When I was still in Georgia I was a member of Silver Creek hunting club, I always liked it. Was with Cobbs Legion many years ago, both are pretty good options in your neck of the woods.


----------



## HavocLover (Nov 29, 2021)

Big7 said:


> Any openings in your South Georgia club.
> 
> I'm looking. Can pay now for next year for the right spot.
> 
> ...



You have to pay to play. I don’t like it anymore than the next guy but I’m not- NOT going to hunt. It has gotten ridiculous but so has everything else.


----------



## Jim Boyd (Nov 29, 2021)

Big7 said:


> Any openings in your South Georgia club.
> 
> I'm looking. Can pay now for next year for the right spot.
> 
> ...



$800 / $18 per acre is 44 acres per member. 

I do not see much good land at a lot less than that. 

If all members wanted to shoot ONLY one buck, that means you are shooting 14.5 bucks per square mile. 

I know that sucks but that is the math of it. 

Individuals don’t regulate the market - supply and demand does. 

Collective efforts from a great many individuals could potentially sway the market but it would take a gargantuan effort, which is not gonna happen in Georgia (or any other state, for that matter). 

I am like @HavocLover - NOT hunting simply is not gonna work for me and I am old enough now, I am not gonna battle it out on public land (I like my comfortable ladder stands too much!). 

best of luck to all.


----------



## Kev (Nov 29, 2021)

Big7 said:


> Any openings in your South Georgia club.
> 
> I'm looking. Can pay now for next year for the right spot.
> 
> ...


I say quit paying for leases and just poach. To deer hunt legally you have to be rich these days.


----------



## Blackston (Nov 29, 2021)

Good club is hard to find .. I’m finding Out there are plenty of cruddy ones


----------



## Blackston (Nov 29, 2021)

Kev said:


> I say quit paying for leases and just poach. To deer hunt legally you have to be rich these days.
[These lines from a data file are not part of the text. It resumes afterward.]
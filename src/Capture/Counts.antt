-- ===== src/Capture/Counts.antt =====
-- capture.c: the counts of a capture against the size of its table.
use memory_profiler.Base.{ℕ, ◌+◌, ◌^◌, ◌≤◌, ◌<◌, ◌≡◌, sym, ap, ◌∙◌, some, arith, subst}
use memory_profiler.Ruby.{Ruby, StTable}
use memory_profiler.Events.{Event, EventType}
use memory_profiler.Table.Layout.{Table}
use memory_profiler.Table.Slots.{scan}
use memory_profiler.Table.Load.{absences-le}
use memory_profiler.Table.Holds.{IsLive, IsValid}
use memory_profiler.Capture.State.{
  Capture, World, Called, returned, threw, Run, finished, raised, fault, Surroundings,
}
use memory_profiler.Capture.Calls.{Leaves}
use memory_profiler.Capture.Process.{process_event}
use memory_profiler.Capture.Newobj.{
  StoredAfter, Ready, Newobj, ignored, tracked, counted_capture, process_newobj-Newobj,
}
use memory_profiler.Capture.Freeobj.{
  EndedAfter, Freeobj, unknown, stale, released, freed_capture, process_freeobj-Freeobj,
}

module _ ⦃rb : Ruby⦄ (st : StTable) where
  -- The capture has a well-formed table, and no more objects in it and freed than were seen.
  abbrev pub IsSound : Capture st → Type 0
  IsSound c = (t : Table) × (c.states ≡ some t) × IsValid t × (t.count + c.free_count ≤ c.new_count)

  abbrev pub SoundAfter : ℕ → Run st → Type 0
  SoundAfter self (finished w) = IsSound (w.captures self)
  SoundAfter self (raised w) = IsSound (w.captures self)
  SoundAfter self fault = ⊥

module _ ⦃rb : Ruby⦄ (st : StTable) (env : Surroundings st) (self : ℕ) where
  stored-SoundAfter :
      (c : Capture st) (classes : st.Table) (t : Table) (klass object : ℕ)
      → c.states ≡ some t
      → IsValid t
      → t.count + c.free_count ≤ c.new_count
      → c.new_count + 1 < 2 ^ 64
      → (called : Called st) (run : Run st)
      → StoredAfter st env self (counted_capture st env c classes) t klass object called run
      → SoundAfter st self run
  stored-SoundAfter c classes t klass object e v le small (returned value w) (finished w')
        (t', shape, s) =
      (
        t',
        ap (λ (x : Capture st). x.states) shape,
        s.valid,
        omega (
          arith,
          s.counted,
          absences-le (scan object t.entries),
          ap (λ (x : Capture st). x.free_count) shape,
          ap (λ (x : Capture st). x.new_count) shape,
        ),
      )
  stored-SoundAfter c classes t klass object e v le small (threw w) (raised w') shape = (
    t,
    ap (λ (x : Capture st). x.states) shape ∙ e,
    v,
    omega (
      arith,
      ap (λ (x : Capture st). x.free_count) shape,
      ap (λ (x : Capture st). x.new_count) shape,
    ),
  )
  stored-SoundAfter c classes t klass object e v le small (returned value w) (raised w') h =
      elim h [ ]
  stored-SoundAfter c classes t klass object e v le small (returned value w) fault h = elim h [ ]
  stored-SoundAfter c classes t klass object e v le small (threw w) (finished w') h = elim h [ ]
  stored-SoundAfter c classes t klass object e v le small (threw w) fault h = elim h [ ]

  same-IsSound : (c c' : Capture st) → c' ≡ c → IsSound st c → IsSound st c'
  same-IsSound c c' e s = subst (IsSound st) (sym e) s

  Newobj-SoundAfter :
      (w : World st) (klass object : ℕ) (t : Table)
      → (w.captures self).states ≡ some t
      → IsValid t
      → t.count + (w.captures self).free_count ≤ (w.captures self).new_count
      → (w.captures self).new_count + 1 < 2 ^ 64
      → (run : Run st) → Newobj st env w self klass object t run
      → SoundAfter st self run
  Newobj-SoundAfter w klass object t e v le small (finished _) (ignored w' absent off same) =
      same-IsSound (w.captures self) (w'.captures self) same (t, e, v, le)
  Newobj-SoundAfter w klass object t e v le small run
        (tracked a r classes before _ counting shape rec stored) =
      stored-SoundAfter (w.captures self) classes t klass object e v le small _ run stored

  ended-SoundAfter :
      (c : Capture st) {t : Table} (v : IsValid t) (t' : Table)
      → IsValid t'
      → t'.count + 1 ≡ t.count
      → t.count + c.free_count ≤ c.new_count
      → c.new_count + 1 < 2 ^ 64
      → (called : Called st) (run : Run st)
      → EndedAfter st env self (freed_capture st env c t') called run
      → SoundAfter st self run
  ended-SoundAfter c v t' v' less le small (returned value w) (finished w') shape = (
    t',
    ap (λ (x : Capture st). x.states) shape,
    v',
    omega (
      arith,
      ap (λ (x : Capture st). x.free_count) shape,
      ap (λ (x : Capture st). x.new_count) shape,
    ),
  )
  ended-SoundAfter c v t' v' less le small (threw w) (raised w') shape = (
    t',
    ap (λ (x : Capture st). x.states) shape,
    v',
    omega (
      arith,
      ap (λ (x : Capture st). x.free_count) shape,
      ap (λ (x : Capture st). x.new_count) shape,
    ),
  )
  ended-SoundAfter c v t' v' less le small (returned value w) (raised w') h = elim h [ ]
  ended-SoundAfter c v t' v' less le small (returned value w) fault h = elim h [ ]
  ended-SoundAfter c v t' v' less le small (threw w) (finished w') h = elim h [ ]
  ended-SoundAfter c v t' v' less le small (threw w) fault h = elim h [ ]

  Freeobj-SoundAfter :
      (w : World st) (object : ℕ) {t : Table} (v : IsValid t)
      → (w.captures self).states ≡ some t
      → t.count + (w.captures self).free_count ≤ (w.captures self).new_count
      → (w.captures self).new_count + 1 < 2 ^ 64
      → (run : Run st) → Freeobj st env w self object v run
      → SoundAfter st self run
  Freeobj-SoundAfter w object {t} v e le small (finished _) (unknown w' absent same) =
      same-IsSound (w.captures self) (w'.captures self) same (t, e, v, le)
  Freeobj-SoundAfter w object {t} v e le small (finished _) (stale w' entry there gone same) =
      same-IsSound (w.captures self) (w'.captures self) same (t, e, v, le)
  Freeobj-SoundAfter w object {t} v e le small run
        (released entry a t' before _ there at gone shape rec ended) =
      ended-SoundAfter (w.captures self) v t' gone.valid gone.counted le small _ run ended

  module _
      (leaves : (callback klass symbol argument : ℕ) (w : World st)
        → Leaves st self (w.captures self) (env.call callback klass symbol argument w)) where
    event-SoundAfter :
        (w : World st) (t : Table) (kind : EventType) (klass object : ℕ)
        → (w.captures self).states ≡ some t
        → Ready st env t
        → t.count + (w.captures self).free_count ≤ (w.captures self).new_count
        → (w.captures self).new_count + 1 < 2 ^ 64
        → (w.captures self).paused < 2 ^ 32
        → IsLive object
        → SoundAfter st self (
            process_event st env w
              (record { kind = kind; capture = self; klass = klass; object = object }))
    unfolding process_event
    event-SoundAfter w t EventType.none klass object e ready le small lt ok =
        (t, e, ready.valid, le)
    event-SoundAfter w t EventType.newobj klass object e ready le small lt ok =
        Newobj-SoundAfter w klass object t e ready.valid le small _
          (process_newobj-Newobj st env self leaves w klass object t e lt ready ok)
    event-SoundAfter w t EventType.freeobj klass object e ready le small lt ok =
        Freeobj-SoundAfter w object ready.valid e le small _
          (process_freeobj-Freeobj st env self leaves w object ready.valid e lt ok)

    -- Where the capture's table can take one more object, its count of new objects can be raised
    -- without a wrap, and the callbacks leave the capture as it is: processing an event of this
    -- capture, whether it returns or raises, never follows a NULL table, leaves a well-formed table,
    -- and keeps the number of objects in it plus the freed ones at most the number of new ones.
    pub process_event-SoundAfter :
        (w : World st) (t : Table) (event : Event)
        → event.capture ≡ self
        → (w.captures self).states ≡ some t
        → Ready st env t
        → t.count + (w.captures self).free_count ≤ (w.captures self).new_count
        → (w.captures self).new_count + 1 < 2 ^ 64
        → (w.captures self).paused < 2 ^ 32
        → IsLive event.object
        → SoundAfter st self (process_event st env w event)
    process_event-SoundAfter w t event same e ready le small lt ok =
        subst (λ n. SoundAfter st self (process_event st env w (record event { capture = n })))
          (sym same)
          (event-SoundAfter w t event.kind event.klass event.object e ready le small lt ok)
I got a buddy that says it’s cheaper than goin out west or payin dues(  And he’s been caught a pretty good bit )


----------



## HavocLover (Nov 29, 2021)

I’m not a rich man by any means… our club is about 140+ acres per member. I understand some folks can’t afford much but I can’t wrap my head around these folks that are ok with 8+ people on 500 acres and stuff. There’s a fine line between being affordable and that interfering with safety too.


----------



## LTFDretired (Nov 30, 2021)

Chadro said:


> When I was still in Georgia I was a member of Silver Creek hunting club, I always liked it. Was with Cobbs Legion many years ago, both are pretty good options in your neck of the woods.


Thanks, I will check that out!


----------



## LUCKYDOG (Dec 2, 2021)

I live in the Blue Ridge Ga area. Looking for private land for 1-3 of us. Older adults, no baggage. 1-2 hours from here would be great. QDM is our goal.


----------